(Stored items)
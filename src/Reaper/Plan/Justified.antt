-- ===== src/Reaper/Plan/Justified.antt =====
-- The grounds of the plans of `plan_reaper_actions` (src/reaper.rs).
use ez_gh_actions.Base.{
  ◌≤◌, ◌≡◌, refl, inl, inr, true, some, List, [], ◌∷◌, ◌++◌, Memᴰ, ltb, find, find-found, arith,
  Text, text_eq, Bool-cases, Option-cases,
}
use ez_gh_actions.Github.{RunnerInfo, WorkflowRun, WorkflowJob}
use ez_gh_actions.Reaper.{ReaperPlan, job_matches_plan, in_progress}
use ez_gh_actions.Reaper.Plan.{
  runner_name_allowed, job_matches_runner, has_required_labels, Limits, age_of, make_plan, plan_job,
  plan_run, plan_runs, plan_repos, plan_reaper_actions,
}

-- the runs of each repository, with their jobs
abbrev pub RepoRuns : Type 0
RepoRuns = List (Text × List (WorkflowRun × List WorkflowJob))

-- the grounds of a plan: its runner, and the run and the job that hold it, all of them among the inputs
pub record IsJustified (limits : Limits) (repo_runs : RepoRuns) (runners : List RunnerInfo)
    (plan : ReaperPlan) : Type 0 where
  pub runner : RunnerInfo
  pub runs : List (WorkflowRun × List WorkflowJob)
  pub run : WorkflowRun
  pub jobs : List WorkflowJob
  pub job : WorkflowJob
  pub runner_listed : Memᴰ runner runners
  pub repo_listed : Memᴰ (plan.repo, runs) repo_runs
  pub run_listed : Memᴰ (run, jobs) runs
  pub job_listed : Memᴰ job jobs
  pub busy : runner.busy ≡ true
  pub allowed : runner_name_allowed plan.runner_name limits.allowed_prefixes ≡ true
  pub target : (plan.runner_id ≡ runner.id) × (plan.runner_name ≡ runner.name)
  pub matched : job_matches_plan job plan ≡ true
  pub running : text_eq job.status in_progress ≡ true
  pub labelled : has_required_labels job limits.required_labels ≡ true
  pub of_run : (plan.run_id ≡ run.id) × (text_eq run.status in_progress ≡ true)
  pub of_job : (plan.job_id ≡ job.id) × (age_of limits run job ≡ some plan.age_seconds)
  pub old : limits.min_age_seconds ≤ plan.age_seconds

abbrev pub AllPlans : (ReaperPlan → Type 0) → List ReaperPlan → Type 0
AllPlans P [] = Unit
AllPlans P (plan ∷ plans) = P plan × AllPlans P plans

append-AllPlans :
    (P : ReaperPlan → Type 0) (xs ys : List ReaperPlan)
    → AllPlans P xs
    → AllPlans P ys
    → AllPlans P (xs ++ ys)
append-AllPlans P [] ys h k = k
append-AllPlans P (x ∷ xs) ys (first, h) k = (first, append-AllPlans P xs ys h k)

module _ (limits : Limits) (all_repos : RepoRuns) (all_runners : List RunnerInfo)
    (runner : RunnerInfo) (runner_listed : Memᴰ runner all_runners) (busy : runner.busy ≡ true)
    (allowed : runner_name_allowed runner.name limits.allowed_prefixes ≡ true) where
  plan_job-IsJustified :
      (repo : Text) (runs : List (WorkflowRun × List WorkflowJob)) (run : WorkflowRun)
      (jobs : List WorkflowJob) (job : WorkflowJob)
      → Memᴰ (repo, runs) all_repos
      → Memᴰ (run, jobs) runs
      → Memᴰ job jobs
      → text_eq run.status in_progress ≡ true
      → job_matches_runner job runner ≡ true
      → AllPlans (IsJustified limits all_repos all_runners) (plan_job limits runner repo run job)
  unfolding plan_job
  plan_job-IsJustified repo runs run jobs job repo_listed run_listed job_listed run_running
        matched =
      elim (Bool-cases (text_eq job.status in_progress)) [
        | inr idle ↦ rw idle tt
        | inl running ↦ elim (Bool-cases (has_required_labels job limits.required_labels)) [
          | inr lacking ↦ rw (running, lacking) tt
          | inl labelled ↦ elim (Option-cases (age_of limits run job)) [
            | inl unknown ↦ rw (running, labelled) (rw unknown tt)
            | inr (age, known) ↦ elim (Bool-cases (ltb age limits.min_age_seconds)) [
              | inl young ↦ rw (running, labelled) (rw known (rw young tt))
              | inr enough ↦
                  rw (running, labelled)
                    (rw known (
                      rw enough (
                        record {
                          runner = runner;
                          runs = runs;
                          run = run;
                          jobs = jobs;
                          job = job;
                          runner_listed = runner_listed;
                          repo_listed = unfold make_plan in repo_listed;
                          run_listed = run_listed;
                          job_listed = job_listed;
                          busy = busy;
                          allowed = unfold make_plan in allowed;
                          target = unfold make_plan in (refl, refl);
                          matched = unfold make_plan job_matches_plan job_matches_runner in matched;
                          running = running;
                          labelled = labelled;
                          of_run = unfold make_plan in (refl, run_running);
                          of_job = unfold make_plan in (refl, known);
                          old = unfold make_plan in ground (arith, enough);
                        },
                        tt,
                      )))
            ]
          ]
        ]
      ]

  plan_run-IsJustified :
      (repo : Text) (runs : List (WorkflowRun × List WorkflowJob)) (run : WorkflowRun)
      (jobs : List WorkflowJob)
      → Memᴰ (repo, runs) all_repos
      → Memᴰ (run, jobs) runs
      → AllPlans (IsJustified limits all_repos all_runners) (plan_run limits runner repo run jobs)
  unfolding plan_run
  plan_run-IsJustified repo runs run jobs repo_listed run_listed =
      elim (Bool-cases (text_eq run.status in_progress)) [
        | inr idle ↦ rw idle tt
        | inl running ↦ elim (Option-cases (find (λ job. job_matches_runner job runner) jobs)) [
          | inl missing ↦ rw running (rw missing tt)
          | inr (job, found) ↦
              let (job_listed, matched) =
                find-found (λ job. job_matches_runner job runner) jobs job found in
              rw running (
                rw found (
                  plan_job-IsJustified repo runs run jobs job repo_listed run_listed job_listed
                    running matched))
        ]
      ]

  plan_runs-IsJustified :
      (repo : Text) (all_runs runs : List (WorkflowRun × List WorkflowJob))
      → Memᴰ (repo, all_runs) all_repos
      → ((entry : WorkflowRun × List WorkflowJob) → Memᴰ entry runs → Memᴰ entry all_runs)
      → AllPlans (IsJustified limits all_repos all_runners) (plan_runs limits runner repo runs)
  unfolding plan_runs
  plan_runs-IsJustified repo all_runs [] repo_listed within = tt
  plan_runs-IsJustified repo all_runs ((run, jobs) ∷ runs) repo_listed within =
      append-AllPlans (IsJustified limits all_repos all_runners)
        (plan_run limits runner repo run jobs) (plan_runs limits runner repo runs)
        (plan_run-IsJustified repo all_runs run jobs repo_listed
          (within (run, jobs) (Memᴰ.head refl)))
        (plan_runs-IsJustified repo all_runs runs repo_listed
          (λ entry m. within entry (Memᴰ.tail m)))

  plan_repos-IsJustified :
      (repos : RepoRuns)
      → ((entry : Text × List (WorkflowRun × List WorkflowJob))
          → Memᴰ entry repos
          → Memᴰ entry all_repos)
      → AllPlans (IsJustified limits all_repos all_runners) (plan_repos limits runner repos)
  unfolding plan_repos
  plan_repos-IsJustified [] within = tt
  plan_repos-IsJustified ((repo, runs) ∷ repos) within =
      append-AllPlans (IsJustified limits all_repos all_runners) (plan_runs limits runner repo runs)
        (plan_repos limits runner repos)
        (plan_runs-IsJustified repo runs runs (within (repo, runs) (Memᴰ.head refl)) (λ _ m. m))
        (plan_repos-IsJustified repos (λ entry m. within entry (Memᴰ.tail m)))

plan_all-IsJustified :
    (limits : Limits) (repo_runs : RepoRuns) (all_runners runners : List RunnerInfo)
    → ((runner : RunnerInfo) → Memᴰ runner runners → Memᴰ runner all_runners)
    → AllPlans
        (IsJustified limits repo_runs all_runners)
        (plan_reaper_actions limits repo_runs runners)
unfolding plan_reaper_actions
plan_all-IsJustified limits repo_runs all_runners [] within = tt
plan_all-IsJustified limits repo_runs all_runners (runner ∷ runners) within =
    let rest =
      plan_all-IsJustified limits repo_runs all_runners runners (λ r m. within r (Memᴰ.tail m)) in
    elim (Bool-cases runner.busy) [
      | inr idle ↦ rw idle rest
      | inl busy ↦ elim (Bool-cases (runner_name_allowed runner.name limits.allowed_prefixes)) [
        | inr foreign_name ↦ simp (busy, foreign_name) rest
        | inl allowed ↦
            simp (busy, allowed)
              (append-AllPlans (IsJustified limits repo_runs all_runners)
                (plan_repos limits runner repo_runs) (plan_reaper_actions limits repo_runs runners)
                (plan_repos-IsJustified limits repo_runs all_runners runner
                  (within runner (Memᴰ.head refl)) busy allowed repo_runs (λ _ m. m))
                rest)
      ]
    ]

-- Each plan names a busy runner of the given ones under an allowed prefix, and a run in progress of the
-- plan's repository and a job of that run, both as they were given; the job is the runner's, is in progress
-- and bears all the required labels; the plan's age is the job's, and at least the least age.
pub plan_reaper_actions-IsJustified :
    (limits : Limits) (repo_runs : RepoRuns) (runners : List RunnerInfo)
    → AllPlans (IsJustified limits repo_runs runners) (plan_reaper_actions limits repo_runs runners)
plan_reaper_actions-IsJustified limits repo_runs runners =
    plan_all-IsJustified limits repo_runs runners runners (λ _ m. m)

• Exercise details: In the entries above, find each line with the string "repository" and copy it.

• Solution to this task:
-- the runs of each repository, with their jobs
-- plan's repository and a job of that run, both as they were given; the job is the runner's, is in progress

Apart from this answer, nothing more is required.